Intermediate (internet capable) cellphones => html
I
f your target audience uses simple internet-enabled cellphones, search for mobile html quiz options. One great option is combining a set of Google elements. Even if you are not that techy, you will be able to make a mobile quiz. All you need is a Google account, Google drive (for forms and spreadsheets) and setting up a mobile enabled blog (Posterous, Blogger, Wordpress). After that, try this:

Phase 1: setting up the mobile quiz using a mobile accessible blog and Google drive (Google forms)
  • If you have not got a Google account, register and sign in.
  • Open up a blog that is allows html coding (you need to consider a mobile enabled blog: Blogger, Posterous, WordPress… otherwise your quizzes will not be mobile :-D
  • Open a Google forms document (a Google form can be created when you open Google docs, and Google docs is now part of Google Drive ) and build your quiz
  • Once your quiz is finished, copy the html code form the Google form
  • Past the html code inside of your blogpost
  • Send the link of that blogpost to your learners
Phase 2: getting the grades of the mobile quizzes automatically listed
As learners are taking the Google form based quiz, their quiz results will automatically fill a Google spreadsheet (spreadsheets are created starting from Google docs which is now Google drive ). Now the thing we want to do is automatically grade their results. This is done by adding Flubaroo (http://www.flubaroo.com/ a script written by Dave Abouav ).
  • First go to the spreadsheet that has the results, click on the tab ‘tools’, select ‘script gallery’, search for Flubaroo and click on the install button.
  • Now look at the Flubaroo instructional video that Dave Abouav provides to see how you need to finetune Flubaroo to do the grading for you (select which questions needed to be used for grading, which need to be skipped (e.g. general information questions), and where Flubaroo can find the correct answers for each question).
  • Now take into account that if you added visuals, you will have used multiple forms, as such you will need to install Flubaroo for multiple spreadsheets. If you did not include visuals, you only need to use one form, and as such you will only have one spreadsheet to install Flubaroo on.
  • The grades are put into a different spreadsheet by Flubaroo (these spreadsheets are also mobile accessible).
A video tutorial of the above mentioned steps can be seen in the video here, which gives an overview of how to build a quiz, up to adding the Flubaroo script to your spreadsheet for automated grading. 

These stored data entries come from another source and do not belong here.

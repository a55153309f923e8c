-- ===== src/Engine/Bounds.antt =====
-- Bounds of every cached entry and of what is emitted.
use surveillance_hound.Common.{
  u32_mod, ℕ, ◌+◌, ◌-◌, ◌*◌, ◌%◌, ◌^◌, ◌≤◌, ◌<◌, max, ◌≡◌, refl, sym, subst, ◌∙◌, inl, inr, Bool,
  true, false, ◌||◌, Option, none, some, List, [], ◌∷◌, arith, ltb, leb, ◌==◌, if◌then◌else◌,
  Bool-cases, All, All-set, All-replicate, length, get_or, length-set,
}
use surveillance_hound.Common.Int.{ℤ, pos_part, neg_part, ◌+ℤ◌}
use surveillance_hound.Core.{Observation, Settings, Detection, Rule}
use surveillance_hound.Signatures.{cap, group}
use surveillance_hound.Signatures.Caps.{cap-le}
use surveillance_hound.Engine.{
  new_engine, age, listed, worth, Engine, Entry, Evidence, blank_evidence, no_evidence, ingest,
  rescore, blank_entry, first_entry, see, credit, overrides, active_rules, sort_rules, insert_rule,
}
use surveillance_hound.Engine.Score.{total_score-le}
use surveillance_hound.Engine.Cache.{Kept, ingest_keeps, Given}

pub Capped : ℕ → Option Rule → Type 0
Capped bound none = Unit
Capped bound (some r) = r.cap ≤ bound

-- An entry's evidence and sums are in bounds.
pub record IsBounded (bound : ℕ) (e : Entry) : Type 0 where
  pub groups : length e.evidence ≡ 9
  pub capped : All (λ ev. Capped bound ev.rule) e.evidence
  pub seen : e.detection.seen_count < 2 ^ 32
  pub sum_low : neg_part e.detection.rssi_sum ≤ 128 * e.detection.seen_count
  pub sum_high : pos_part e.detection.rssi_sum ≤ 127 * e.detection.seen_count
  pub score : e.detection.score ≤ max 1 bound

-- int8_t
unfoldable pub IsByte : ℤ → Type 0
IsByte z = (neg_part z ≤ 128) × (pos_part z ≤ 127)

listed-Capped :
    (bound : ℕ) (r : Option Rule) (rest : List Rule)
    → Capped bound r
    → All (λ x. x.cap ≤ bound) rest
    → All (λ x. x.cap ≤ bound) (listed r rest)
unfolding listed Capped
listed-Capped bound none rest c h = h
listed-Capped bound (some r) rest c h = (c, h)

active_rules-Capped :
    (bound ms : ℕ) (evs : List Evidence)
    → All (λ ev. Capped bound ev.rule) evs
    → All (λ r. r.cap ≤ bound) (active_rules ms evs)
unfolding active_rules
active_rules-Capped bound ms [] h = tt
active_rules-Capped bound ms (ev ∷ evs) h = elim (Bool-cases (leb (age ms ev) 30000)) [
  | inl e ↦
      rw (e) (
        listed-Capped bound ev.rule (active_rules ms evs) h.0
          (active_rules-Capped bound ms evs h.1))
  | inr e ↦ rw (e) (active_rules-Capped bound ms evs h.1)
]

insert_rule-All :
    (P : Rule → Type 0) (o : Observation) (r : Rule) (rs : List Rule)
    → P r
    → All P rs
    → All P (insert_rule o r rs)
unfolding insert_rule
insert_rule-All P o r [] p h = (p, tt)
insert_rule-All P o r (x ∷ xs) p h = elim (Bool-cases (ltb (worth o x) (worth o r))) [
  | inl e ↦ rw (e) (p, h)
  | inr e ↦ rw (e) (h.0, insert_rule-All P o r xs p h.1)
]

sort_rules-All :
    (P : Rule → Type 0) (o : Observation) (rs : List Rule) → All P rs → All P (sort_rules o rs)
unfolding sort_rules
sort_rules-All P o [] h = tt
sort_rules-All P o (r ∷ rs) h =
    insert_rule-All P o r (sort_rules o rs) h.0 (sort_rules-All P o rs h.1)

caps_for :
    (o : Observation) (bound : ℕ) (rs : List Rule)
    → All (λ r. r.cap ≤ bound) rs
    → All (λ r. cap r o ≤ bound) rs
caps_for o bound [] h = tt
caps_for o bound (r ∷ rs) h = (omega (arith, cap-le r o, h.0), caps_for o bound rs h.1)

rescore-score :
    (o : Observation) (bound : ℕ) (e : Entry)
    → All (λ ev. Capped bound ev.rule) e.evidence
    → (rescore o e).detection.score ≤ max 1 bound
unfolding rescore
rescore-score o bound e h = total_score-le o bound (sort_rules o (active_rules o.ms e.evidence)) (
    sort_rules-All (λ r. cap r o ≤ bound) o (active_rules o.ms e.evidence)
      (caps_for o bound (active_rules o.ms e.evidence)
        (active_rules-Capped bound o.ms e.evidence h)))

rescore-IsBounded :
    (o : Observation) (bound : ℕ) (e : Entry) → IsBounded bound e → IsBounded bound (rescore o e)
unfolding rescore
rescore-IsBounded o bound e h = record {
  groups = h.groups;
  capped = h.capped;
  seen = h.seen;
  sum_low = h.sum_low;
  sum_high = h.sum_high;
  score = unfold rescore in rescore-score o bound e h.capped;
}

no_evidence-Capped : (bound : ℕ) → All (λ ev. Capped bound ev.rule) no_evidence
unfolding Capped
no_evidence-Capped bound = All-replicate (λ ev. Capped bound ev.rule) 9 blank_evidence tt

-- One more signal keeps the sum's bounds.
sum_step :
    (n : ℕ) (sum z : ℤ)
    → IsByte z
    → neg_part sum ≤ 128 * n
    → pos_part sum ≤ 127 * n
    → (neg_part (sum +ℤ z) ≤ 128 * (n + 1)) × (pos_part (sum +ℤ z) ≤ 127 * (n + 1))
unfolding ◌+ℤ◌ IsByte
sum_step n sum z byte low high = ground (arith, byte, low, high)

module _ (o : Observation) (bound : ℕ) (e : Entry) (h : IsBounded bound e) where
  evidence-see :
      (b : Bool)
      → (length (if b then no_evidence else e.evidence) ≡ 9)
        × All (λ ev. Capped bound ev.rule) (if b then no_evidence else e.evidence)
  evidence-see true = (refl, no_evidence-Capped bound)
  evidence-see false = (h.groups, h.capped)

  see-IsBounded : IsByte o.rssi → IsBounded bound (see o e)
  unfolding see
  see-IsBounded byte =
      let d = e.detection in
      let kept = evidence-see (ltb o.ms d.last_ms || ltb 30000 (o.ms - d.last_ms)) in
      let step = sum_step d.seen_count d.rssi_sum o.rssi byte h.sum_low h.sum_high in
      elim (Bool-cases (d.seen_count == 2 ^ 32 - 1)) [
        | inl f ↦ rw (f) (record {
          groups = kept.0;
          capped = kept.1;
          seen = h.seen;
          sum_low = h.sum_low;
          sum_high = h.sum_high;
          score = h.score;
        })
        | inr f ↦ rw (f) (record {
          groups = kept.0;
          capped = kept.1;
          seen = ground (arith, f, h.seen);
          sum_low = step.0;
          sum_high = step.1;
          score = h.score;
        })
      ]

credit-IsBounded :
    (o : Observation) (bound : ℕ) (rule : Rule) (e : Entry)
    → rule.cap ≤ bound
    → IsBounded bound e
    → IsBounded bound (credit rule o e)
unfolding credit
credit-IsBounded o bound rule e fits h =
    let ev = get_or e.evidence (group rule.kind) blank_evidence in
    let new : Evidence = record { rule = some rule; at = o.ms % u32_mod } in
    elim (Bool-cases (overrides rule o.ms ev ev.rule)) [
      | inr f ↦ rw (f) h
      | inl f ↦ rw (f) (record {
        groups = length-set e.evidence (group rule.kind) new ∙ h.groups;
        capped =
            All-set (λ ev. Capped bound ev.rule) e.evidence (group rule.kind) new h.capped
              (unfold Capped in fits);
        seen = h.seen;
        sum_low = h.sum_low;
        sum_high = h.sum_high;
        score = h.score;
      })
    ]

Kept-IsBounded :
    (o : Observation) (bound : ℕ) → IsByte o.rssi → Kept (IsBounded bound) (λ r. r.cap ≤ bound) o
unfolding first_entry
Kept-IsBounded o bound byte = record {
  blank = record {
    groups = refl;
    capped = no_evidence-Capped bound;
    seen = omega arith;
    sum_low = omega arith;
    sum_high = omega arith;
    score = omega arith;
  };
  first = λ rule r. record {
    groups = refl;
    capped = no_evidence-Capped bound;
    seen = omega arith;
    sum_low = omega arith;
    sum_high = omega arith;
    score = omega arith;
  };
  seen = λ e h. see-IsBounded o bound e h byte;
  credited = λ rule e r h. credit-IsBounded o bound rule e r h;
  rescored = λ e h. rescore-IsBounded o bound e h;
  marked = λ e h. record {
    groups = h.groups;
    capped = h.capped;
    seen = h.seen;
    sum_low = h.sum_low;
    sum_high = h.sum_high;
    score = h.score;
  };
}

pub new_engine-IsBounded :
    (rules : List Rule) (bound : ℕ) → All (IsBounded bound) (new_engine rules).cache
new_engine-IsBounded rules bound = All-replicate (IsBounded bound) 128 blank_entry (record {
  groups = refl;
  capped = no_evidence-Capped bound;
  seen = omega arith;
  sum_low = omega arith;
  sum_high = omega arith;
  score = omega arith;
})

scores :
    (o : Observation) (bound : ℕ) (out : List Detection)
    → All (λ d. (e : Entry) × IsBounded bound e × (d ≡ (rescore o e).detection)) out
    → All (λ d. d.score ≤ max 1 bound) out
scores o bound [] h = tt
scores o bound (d ∷ ds) ((e, b, same), h) = (
  subst (λ x. x.score ≤ max 1 bound) (sym same) (rescore-score o bound e b.capped),
  scores o bound ds h,
)

-- With every rule's cap within a bound and signals of one signed byte, an observation keeps every
-- entry in bounds: nine evidence groups, a counter that stops at its maximum, a signal sum within
-- that many bytes (so that it cannot overflow), and scores within the bound of the caps; and so are
-- the scores of the detections it emits.
pub ingest-IsBounded :
    (g : Engine) (o : Observation) (s : Settings) (room bound : ℕ)
    → All (λ r. r.cap ≤ bound) g.rules
    → IsByte o.rssi
    → All (IsBounded bound) g.cache
    → All (IsBounded bound) (ingest g o s room).0.cache
      × All (λ d. d.score ≤ max 1 bound) (ingest g o s room).1
unfolding Given
ingest-IsBounded g o s room bound caps byte h =
    let (cache, out) =
      ingest_keeps (IsBounded bound) (λ r. r.cap ≤ bound) o (Kept-IsBounded o bound byte) g s room
        caps h in
    (cache, scores o bound (ingest g o s room).1 out)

Phase 3: you also want visuals in your mobile quizIf you want to add visuals to your forms, make a form for each question. Why? It will allow you to add visuals before or after the actual question you put in your blogpost.
  • You first follow the steps as mentioned above, but you copy/paste the embed code of each form inside the blogpost,
  • After that you go to your blogpost and add any visuals (movies/pictures) you want to add. In doing this do keep in mind the type of phones that your target audience has and which type of connectivity, you do not want heavy size movies to be downloaded on non-multimedia phones or phones that only use paid data traffic (the bigger the file, the more they would have to pay).
A video tutorial of the above can be found here.


Now simply access the blog with your mobile device and - if the blog is mobile enabled - you will have mobile quizzes for free, AND which will be graded automatically. Cool!

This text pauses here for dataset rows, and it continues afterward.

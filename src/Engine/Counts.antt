-- ===== src/Engine/Counts.antt =====
-- Nearby devices are counted once.
use surveillance_hound.Common.{
  and-true, length-set, ℕ, zero, suc, ◌+◌, ◌<◌, ◌≡◌, refl, subst, ◌∙◌, ◌≢◌, ◌⊎◌, inl, inr, Bool,
  true, false, ◌&&◌, ◌||◌, List, [], ◌∷◌, arith, ◌==◌, to_bit, Bool-cases, length, get_or, set,
  list_eq,
}
use surveillance_hound.Core.{Radio, wifi, ble, Settings, Detection, radio_eq}
use surveillance_hound.Engine.{
  Engine, Entry, blank_entry, counts_now, same_device, beats, outranked, counted, count_slot,
  count_from, recent_counts,
}

list_eq_sym : (xs ys : List ℕ) → list_eq xs ys ≡ list_eq ys xs
list_eq_sym [] [] = refl
list_eq_sym [] (y ∷ ys) = refl
list_eq_sym (x ∷ xs) [] = refl
list_eq_sym (x ∷ xs) (y ∷ ys) = ground (arith, list_eq_sym xs ys)

radio_eq_sym : (a b : Radio) → radio_eq a b ≡ radio_eq b a
radio_eq_sym wifi wifi = refl
radio_eq_sym wifi ble = refl
radio_eq_sym ble wifi = refl
radio_eq_sym ble ble = refl

same_device_sym : (d e : Detection) → same_device d e ≡ same_device e d
unfolding same_device
same_device_sym d e = ground (
  arith,
  list_eq_sym d.samsung.id e.samsung.id,
  list_eq_sym d.address e.address,
  radio_eq_sym d.radio e.radio,
)

or_left : (a b : Bool) → a ≡ true → (a || b) ≡ true
or_left a b h = rw (h) refl

or_right : (a b : Bool) → b ≡ true → (a || b) ≡ true
or_right a b h = ground (arith, h)

outranked-beats :
    (now : ℕ) (s : Settings) (i m k : ℕ) (d : Detection) (es : List Entry) (j : ℕ)
    → m ≡ j + k
    → j < length es
    → beats now s i d m (get_or es j blank_entry) ≡ true
    → outranked now s i d k es ≡ true
unfolding outranked
outranked-beats now s i m k d [] j at lt h = absurd (omega arith)
outranked-beats now s i m k d (e ∷ es) zero at lt h =
    or_left (beats now s i d k e) (outranked now s i d (suc k) es)
      (subst (λ x. beats now s i d x e ≡ true) (omega (arith, at)) h)
outranked-beats now s i m k d (e ∷ es) (suc j) at lt h =
    or_right (beats now s i d k e) (outranked now s i d (suc k) es)
      (outranked-beats now s i m (suc k) d es j (omega (arith, at)) (omega arith) h)

-- Of two active entries of a device, one beats the other.
one_beats :
    (now : ℕ) (s : Settings) (i j : ℕ) (a b : Entry)
    → (i == j) ≡ false
    → counts_now now s a ≡ true
    → counts_now now s b ≡ true
    → same_device a.detection b.detection ≡ true
    → (beats now s i a.detection j b ≡ true) ⊎ (beats now s j b.detection i a ≡ true)
unfolding beats
one_beats now s i j a b apart ha hb same =
    let back : same_device b.detection a.detection ≡ true =
      same_device_sym b.detection a.detection ∙ same in
    ground (arith, apart, ha, hb, same, back)

not_outranked :
    (now : ℕ) (s : Settings) (cache : List Entry) (i j : ℕ) (a : Entry)
    → counted now s cache i a ≡ true
    → j < length cache
    → beats now s i a.detection j (get_or cache j blank_entry) ≢ true
unfolding counted
not_outranked now s cache i j a h lt beaten =
    absurd
      (ground (arith, h, outranked-beats now s i j 0 a.detection cache j (omega arith) lt beaten))

active :
    (now : ℕ) (s : Settings) (cache : List Entry) (k : ℕ) (e : Entry)
    → counted now s cache k e ≡ true
    → counts_now now s e ≡ true
unfolding counted
active now s cache k e h = (and-true _ _ h).0

-- Two entries of one device are never both counted.
pub counted_once :
    (now : ℕ) (s : Settings) (cache : List Entry) (i j : ℕ)
    → (i == j) ≡ false
    → i < length cache
    → j < length cache
    → same_device (get_or cache i blank_entry).detection (get_or cache j blank_entry).detection
      ≡ true
    → (counted now s cache i (get_or cache i blank_entry)
        && counted now s cache j (get_or cache j blank_entry))
      ≡ false
counted_once now s cache i j apart hi hj same =
    let a = get_or cache i blank_entry in
    let b = get_or cache j blank_entry in
    elim (Bool-cases (counted now s cache i a && counted now s cache j b)) [
      | inr h ↦ h
      | inl h ↦
          let (ci, cj) = and-true _ _ h in
          elim (one_beats now s i j a b apart (active now s cache i a ci)
            (active now s cache j b cj) same) [
              | inl beaten ↦ absurd (not_outranked now s cache i j a ci hj beaten)
              | inr beaten ↦ absurd (not_outranked now s cache j i b cj hi beaten)
            ]
    ]

-- How many entries from slot i on are counted.
unfoldable pub counted_from : ℕ → Settings → List Entry → ℕ → List Entry → ℕ
counted_from now s cache i [] = 0
counted_from now s cache i (e ∷ es) =
    to_bit (counted now s cache i e) + counted_from now s cache (suc i) es

-- The sum of the three counters.
pub total : List ℕ → ℕ
total [] = 0
total (n ∷ ns) = n + total ns

add_one :
    (counts : List ℕ) (k : ℕ)
    → k < length counts
    → total (set counts k (get_or counts k 0 + 1)) ≡ 1 + total counts
unfolding total
add_one [] k lt = absurd (omega arith)
add_one (n ∷ ns) zero lt = omega arith
add_one (n ∷ ns) (suc k) lt = omega (arith, add_one ns k (omega arith))

total-count_from :
    (now : ℕ) (s : Settings) (cache : List Entry) (i : ℕ) (es : List Entry) (counts : List ℕ)
    → length counts ≡ 3
    → total (count_from now s cache i es counts) ≡ total counts + counted_from now s cache i es
unfolding count_from counted_from
total-count_from now s cache i [] counts three = omega arith
total-count_from now s cache i (e ∷ es) counts three =
    let slot = count_slot e.detection.score in
    let more = set counts slot (get_or counts slot 0 + 1) in
    elim (Bool-cases (counted now s cache i e)) [
      | inl f ↦ rw (f) (
          omega (
            arith,
            total-count_from now s cache (suc i) es more (length-set counts slot _ ∙ three),
            add_one counts slot (ground (arith, three)),
          ))
      | inr f ↦ rw (f) (omega (arith, total-count_from now s cache (suc i) es counts three))
    ]

-- The three counters add up to the number of counted entries.
pub recent_counts-total :
    (g : Engine) (now : ℕ) (s : Settings)
    → total (recent_counts g now s) ≡ counted_from now s g.cache 0 g.cache
unfolding recent_counts total
recent_counts-total g now s =
    omega (arith, total-count_from now s g.cache 0 g.cache (0 ∷ 0 ∷ 0 ∷ []) refl)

Using commercial mobile authoring tools to build your quizzes
If your target audience uses smartphones, search for mobile quizzes with more advanced options (html5 is quickly becoming the standard so look for those companies that offer html5 authoring tools, e.g. mLearning studio from RapidIntake  (US based) or the wonderful GoMoLearning (UK based). Both these companies offer mobile solutions that are both delivering stand-alone mobile apps (native apps which you can open and learn from whether you are connected to 3G/wifi/internet or not, and that offer online options as well). Their mobile courses/apps… are also multiple platform accessible, so you do not need to build one app for Android, another for iPhone and so on.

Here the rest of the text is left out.